---- GIVEN RECORDS

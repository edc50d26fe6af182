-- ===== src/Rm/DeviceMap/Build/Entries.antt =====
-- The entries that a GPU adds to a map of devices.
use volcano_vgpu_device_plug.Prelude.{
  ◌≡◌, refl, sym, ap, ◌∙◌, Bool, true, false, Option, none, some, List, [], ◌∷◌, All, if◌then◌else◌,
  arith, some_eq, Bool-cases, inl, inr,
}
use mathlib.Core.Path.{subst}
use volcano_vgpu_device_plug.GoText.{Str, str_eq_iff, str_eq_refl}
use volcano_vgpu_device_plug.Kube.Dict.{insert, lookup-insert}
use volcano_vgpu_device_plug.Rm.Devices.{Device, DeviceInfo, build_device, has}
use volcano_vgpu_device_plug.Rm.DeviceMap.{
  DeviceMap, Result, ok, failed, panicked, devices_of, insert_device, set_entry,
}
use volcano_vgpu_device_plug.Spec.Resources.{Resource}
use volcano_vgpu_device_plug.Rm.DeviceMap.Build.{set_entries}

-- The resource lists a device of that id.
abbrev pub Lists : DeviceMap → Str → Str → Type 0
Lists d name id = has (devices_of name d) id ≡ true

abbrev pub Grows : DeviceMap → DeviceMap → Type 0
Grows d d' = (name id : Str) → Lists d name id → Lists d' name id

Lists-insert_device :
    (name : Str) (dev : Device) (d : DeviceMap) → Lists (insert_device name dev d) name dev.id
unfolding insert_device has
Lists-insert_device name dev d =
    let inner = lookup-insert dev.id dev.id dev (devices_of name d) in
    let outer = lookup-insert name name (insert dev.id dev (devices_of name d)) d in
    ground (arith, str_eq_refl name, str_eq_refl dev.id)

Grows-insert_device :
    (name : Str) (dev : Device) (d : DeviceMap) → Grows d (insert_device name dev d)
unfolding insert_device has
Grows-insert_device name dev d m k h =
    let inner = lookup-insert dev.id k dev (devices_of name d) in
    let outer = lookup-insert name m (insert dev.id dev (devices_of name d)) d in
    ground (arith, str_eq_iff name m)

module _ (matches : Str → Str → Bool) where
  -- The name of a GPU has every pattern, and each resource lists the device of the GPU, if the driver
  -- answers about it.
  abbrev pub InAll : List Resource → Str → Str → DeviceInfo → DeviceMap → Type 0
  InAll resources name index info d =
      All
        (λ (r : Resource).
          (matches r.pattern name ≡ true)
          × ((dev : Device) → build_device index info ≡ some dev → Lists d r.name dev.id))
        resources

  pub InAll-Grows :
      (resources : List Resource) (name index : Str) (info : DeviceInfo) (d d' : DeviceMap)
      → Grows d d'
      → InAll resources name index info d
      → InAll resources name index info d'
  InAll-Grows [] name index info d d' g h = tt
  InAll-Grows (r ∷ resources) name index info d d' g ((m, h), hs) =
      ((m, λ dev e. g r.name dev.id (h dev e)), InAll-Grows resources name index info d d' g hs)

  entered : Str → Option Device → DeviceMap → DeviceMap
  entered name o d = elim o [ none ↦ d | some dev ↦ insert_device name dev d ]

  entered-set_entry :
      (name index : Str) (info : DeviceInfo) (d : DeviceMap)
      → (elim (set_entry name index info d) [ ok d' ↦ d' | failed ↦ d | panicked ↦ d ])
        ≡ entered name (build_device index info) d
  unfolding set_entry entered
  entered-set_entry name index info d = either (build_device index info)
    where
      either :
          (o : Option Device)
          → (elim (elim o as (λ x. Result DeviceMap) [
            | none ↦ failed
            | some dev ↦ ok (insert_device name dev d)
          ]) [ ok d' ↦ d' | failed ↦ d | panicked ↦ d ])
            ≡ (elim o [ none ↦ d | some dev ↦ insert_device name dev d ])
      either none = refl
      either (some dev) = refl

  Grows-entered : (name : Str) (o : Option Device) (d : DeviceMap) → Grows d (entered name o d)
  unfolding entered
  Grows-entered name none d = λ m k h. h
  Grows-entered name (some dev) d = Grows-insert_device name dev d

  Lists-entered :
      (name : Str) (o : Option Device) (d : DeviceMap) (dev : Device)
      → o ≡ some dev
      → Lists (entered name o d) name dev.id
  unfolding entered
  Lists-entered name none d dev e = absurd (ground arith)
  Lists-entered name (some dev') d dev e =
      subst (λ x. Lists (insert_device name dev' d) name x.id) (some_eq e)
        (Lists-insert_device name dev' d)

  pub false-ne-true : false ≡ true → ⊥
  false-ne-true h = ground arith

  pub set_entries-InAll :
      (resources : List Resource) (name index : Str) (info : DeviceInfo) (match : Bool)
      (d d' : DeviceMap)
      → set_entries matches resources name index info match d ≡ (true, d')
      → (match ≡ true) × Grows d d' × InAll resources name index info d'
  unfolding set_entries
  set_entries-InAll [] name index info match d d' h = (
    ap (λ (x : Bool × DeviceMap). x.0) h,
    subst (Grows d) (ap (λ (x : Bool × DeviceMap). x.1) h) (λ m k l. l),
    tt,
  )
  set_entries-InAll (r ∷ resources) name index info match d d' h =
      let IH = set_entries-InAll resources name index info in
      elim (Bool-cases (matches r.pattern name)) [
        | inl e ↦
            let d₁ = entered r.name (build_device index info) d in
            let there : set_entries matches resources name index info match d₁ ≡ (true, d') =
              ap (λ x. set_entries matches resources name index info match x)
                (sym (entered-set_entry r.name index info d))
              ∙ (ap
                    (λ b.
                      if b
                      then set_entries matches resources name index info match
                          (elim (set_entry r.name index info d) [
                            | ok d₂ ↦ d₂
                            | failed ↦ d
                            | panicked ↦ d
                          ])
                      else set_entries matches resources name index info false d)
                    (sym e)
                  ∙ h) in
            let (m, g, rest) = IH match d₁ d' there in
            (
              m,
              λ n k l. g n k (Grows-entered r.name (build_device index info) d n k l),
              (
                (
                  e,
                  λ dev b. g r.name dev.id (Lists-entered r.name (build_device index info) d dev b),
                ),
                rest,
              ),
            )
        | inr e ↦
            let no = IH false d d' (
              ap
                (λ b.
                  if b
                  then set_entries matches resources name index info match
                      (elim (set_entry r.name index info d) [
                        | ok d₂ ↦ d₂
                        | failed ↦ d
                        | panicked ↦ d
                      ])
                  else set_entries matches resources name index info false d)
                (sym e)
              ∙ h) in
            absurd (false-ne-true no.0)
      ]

--------
---- GIVEN RECORDS

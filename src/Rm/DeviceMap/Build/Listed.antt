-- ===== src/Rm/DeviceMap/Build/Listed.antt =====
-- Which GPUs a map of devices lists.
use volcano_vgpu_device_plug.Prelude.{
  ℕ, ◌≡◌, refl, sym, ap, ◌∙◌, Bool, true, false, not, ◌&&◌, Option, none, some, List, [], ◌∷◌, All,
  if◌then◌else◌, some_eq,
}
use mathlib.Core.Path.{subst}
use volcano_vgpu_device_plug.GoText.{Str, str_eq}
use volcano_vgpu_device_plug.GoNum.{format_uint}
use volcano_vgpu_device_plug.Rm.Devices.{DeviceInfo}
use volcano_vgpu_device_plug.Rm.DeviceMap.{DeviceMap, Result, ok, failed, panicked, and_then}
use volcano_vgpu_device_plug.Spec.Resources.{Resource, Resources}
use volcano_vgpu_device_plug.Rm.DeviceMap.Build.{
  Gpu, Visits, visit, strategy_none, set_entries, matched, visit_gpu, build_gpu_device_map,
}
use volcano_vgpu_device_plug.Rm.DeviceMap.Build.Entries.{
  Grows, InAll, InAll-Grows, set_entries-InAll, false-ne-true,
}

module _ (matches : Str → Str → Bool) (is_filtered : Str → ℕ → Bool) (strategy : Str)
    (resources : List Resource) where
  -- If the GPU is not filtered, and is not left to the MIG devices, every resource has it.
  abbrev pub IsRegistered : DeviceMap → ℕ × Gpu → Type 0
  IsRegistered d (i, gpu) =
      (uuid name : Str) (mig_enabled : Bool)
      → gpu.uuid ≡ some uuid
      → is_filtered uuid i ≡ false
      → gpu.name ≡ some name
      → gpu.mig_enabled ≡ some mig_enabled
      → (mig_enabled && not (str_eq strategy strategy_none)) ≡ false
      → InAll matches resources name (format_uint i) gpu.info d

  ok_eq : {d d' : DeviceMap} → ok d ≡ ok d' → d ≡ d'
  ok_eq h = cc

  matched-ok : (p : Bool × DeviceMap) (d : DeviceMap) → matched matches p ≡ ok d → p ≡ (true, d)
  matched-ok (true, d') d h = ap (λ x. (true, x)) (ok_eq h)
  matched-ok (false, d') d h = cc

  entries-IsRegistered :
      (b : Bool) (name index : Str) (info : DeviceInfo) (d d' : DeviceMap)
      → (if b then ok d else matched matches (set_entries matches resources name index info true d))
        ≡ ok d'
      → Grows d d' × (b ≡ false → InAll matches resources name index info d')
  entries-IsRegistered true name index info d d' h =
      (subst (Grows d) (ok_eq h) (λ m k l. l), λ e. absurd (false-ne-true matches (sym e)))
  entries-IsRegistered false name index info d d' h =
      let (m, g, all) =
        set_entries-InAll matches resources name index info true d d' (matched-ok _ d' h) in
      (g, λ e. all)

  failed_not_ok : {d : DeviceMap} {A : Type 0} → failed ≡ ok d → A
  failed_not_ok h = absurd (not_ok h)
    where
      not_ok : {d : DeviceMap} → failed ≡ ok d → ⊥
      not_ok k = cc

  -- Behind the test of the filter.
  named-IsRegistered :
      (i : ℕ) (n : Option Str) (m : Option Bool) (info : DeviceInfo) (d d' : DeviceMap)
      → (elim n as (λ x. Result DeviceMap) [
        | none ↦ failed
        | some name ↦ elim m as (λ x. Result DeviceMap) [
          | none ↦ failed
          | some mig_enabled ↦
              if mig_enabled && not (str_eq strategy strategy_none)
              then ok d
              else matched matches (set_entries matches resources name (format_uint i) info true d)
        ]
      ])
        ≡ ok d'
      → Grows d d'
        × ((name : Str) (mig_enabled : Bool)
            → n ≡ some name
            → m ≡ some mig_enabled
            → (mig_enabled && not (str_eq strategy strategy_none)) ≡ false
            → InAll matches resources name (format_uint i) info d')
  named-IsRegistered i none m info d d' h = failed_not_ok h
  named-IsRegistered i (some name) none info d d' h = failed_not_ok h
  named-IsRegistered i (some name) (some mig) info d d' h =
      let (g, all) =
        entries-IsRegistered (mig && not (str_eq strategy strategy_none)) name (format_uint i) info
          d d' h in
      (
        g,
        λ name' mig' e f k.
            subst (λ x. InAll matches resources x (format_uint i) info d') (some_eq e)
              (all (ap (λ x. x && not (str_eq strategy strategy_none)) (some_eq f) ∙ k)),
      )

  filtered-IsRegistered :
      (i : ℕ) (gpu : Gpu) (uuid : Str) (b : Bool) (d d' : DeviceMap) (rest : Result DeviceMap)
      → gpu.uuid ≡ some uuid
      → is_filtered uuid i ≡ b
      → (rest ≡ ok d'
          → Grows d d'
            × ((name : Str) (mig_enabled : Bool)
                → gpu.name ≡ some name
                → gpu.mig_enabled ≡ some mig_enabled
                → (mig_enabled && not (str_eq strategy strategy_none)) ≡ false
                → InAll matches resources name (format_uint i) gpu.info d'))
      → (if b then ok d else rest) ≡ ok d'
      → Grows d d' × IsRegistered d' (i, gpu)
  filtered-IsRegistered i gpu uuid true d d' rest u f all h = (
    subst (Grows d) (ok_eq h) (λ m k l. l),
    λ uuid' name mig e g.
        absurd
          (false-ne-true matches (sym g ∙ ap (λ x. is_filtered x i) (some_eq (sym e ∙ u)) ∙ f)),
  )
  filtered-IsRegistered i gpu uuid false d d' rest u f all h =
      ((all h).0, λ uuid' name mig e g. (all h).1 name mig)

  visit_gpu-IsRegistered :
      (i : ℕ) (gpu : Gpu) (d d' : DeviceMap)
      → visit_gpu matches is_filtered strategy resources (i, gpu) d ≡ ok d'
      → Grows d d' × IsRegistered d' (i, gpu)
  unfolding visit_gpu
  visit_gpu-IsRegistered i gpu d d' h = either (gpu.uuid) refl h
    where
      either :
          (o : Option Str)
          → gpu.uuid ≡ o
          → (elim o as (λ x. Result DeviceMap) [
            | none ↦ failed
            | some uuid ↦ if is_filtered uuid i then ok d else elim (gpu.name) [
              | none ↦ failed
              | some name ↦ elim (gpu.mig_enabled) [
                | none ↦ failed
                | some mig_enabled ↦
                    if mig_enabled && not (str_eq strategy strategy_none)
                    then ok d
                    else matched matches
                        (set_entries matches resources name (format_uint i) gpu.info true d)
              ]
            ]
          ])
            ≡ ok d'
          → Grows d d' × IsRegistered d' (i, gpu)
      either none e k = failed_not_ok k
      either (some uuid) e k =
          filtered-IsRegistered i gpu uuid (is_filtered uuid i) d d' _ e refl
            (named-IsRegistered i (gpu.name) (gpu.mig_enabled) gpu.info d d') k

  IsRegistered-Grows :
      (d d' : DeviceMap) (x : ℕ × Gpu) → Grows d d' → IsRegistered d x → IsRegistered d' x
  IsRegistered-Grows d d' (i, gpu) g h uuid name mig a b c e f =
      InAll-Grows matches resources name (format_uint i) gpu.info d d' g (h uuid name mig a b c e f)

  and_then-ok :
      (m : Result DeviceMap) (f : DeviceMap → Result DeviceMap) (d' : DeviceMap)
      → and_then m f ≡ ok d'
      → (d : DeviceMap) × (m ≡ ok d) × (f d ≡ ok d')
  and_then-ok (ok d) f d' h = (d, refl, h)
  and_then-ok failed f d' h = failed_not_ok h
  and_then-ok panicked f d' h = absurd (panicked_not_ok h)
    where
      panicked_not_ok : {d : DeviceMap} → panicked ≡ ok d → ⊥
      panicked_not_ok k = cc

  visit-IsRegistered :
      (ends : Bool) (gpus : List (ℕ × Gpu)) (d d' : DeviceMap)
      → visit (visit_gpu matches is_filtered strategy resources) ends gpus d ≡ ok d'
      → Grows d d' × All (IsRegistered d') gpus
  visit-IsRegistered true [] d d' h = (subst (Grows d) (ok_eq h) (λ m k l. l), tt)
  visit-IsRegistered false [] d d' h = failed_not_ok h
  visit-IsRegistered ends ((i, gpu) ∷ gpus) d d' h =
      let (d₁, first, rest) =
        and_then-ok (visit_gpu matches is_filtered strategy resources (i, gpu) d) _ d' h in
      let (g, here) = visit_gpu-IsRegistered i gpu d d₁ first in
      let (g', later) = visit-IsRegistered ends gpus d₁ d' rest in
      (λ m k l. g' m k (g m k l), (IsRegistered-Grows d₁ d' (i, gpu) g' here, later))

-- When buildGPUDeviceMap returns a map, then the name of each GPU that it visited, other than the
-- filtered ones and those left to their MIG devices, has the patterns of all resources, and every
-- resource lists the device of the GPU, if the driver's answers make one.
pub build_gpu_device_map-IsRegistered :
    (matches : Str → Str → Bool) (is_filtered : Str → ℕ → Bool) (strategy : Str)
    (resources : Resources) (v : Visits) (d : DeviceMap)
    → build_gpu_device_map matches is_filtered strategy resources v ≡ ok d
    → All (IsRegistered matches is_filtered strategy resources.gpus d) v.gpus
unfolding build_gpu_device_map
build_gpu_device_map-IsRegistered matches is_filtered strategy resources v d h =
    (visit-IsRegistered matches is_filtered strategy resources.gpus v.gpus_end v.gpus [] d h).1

--------

PROMPT
Gather up the lines containing the word "matched" from these records and copy them.

ANSWER SPACE
  Gpu, Visits, visit, strategy_none, set_entries, matched, visit_gpu, build_gpu_device_map,
  matched-ok : (p : Bool × DeviceMap) (d : DeviceMap) → matched matches p ≡ ok d → p ≡ (true, d)
  matched-ok (true, d') d h = ap (λ x. (true, x)) (ok_eq h)
  matched-ok (false, d') d h = cc
      → (if b then ok d else matched matches (set_entries matches resources name index info true d))
        set_entries-InAll matches resources name index info true d d' (matched-ok _ d' h) in
              else matched matches (set_entries matches resources name (format_uint i) info true d)
                    else matched matches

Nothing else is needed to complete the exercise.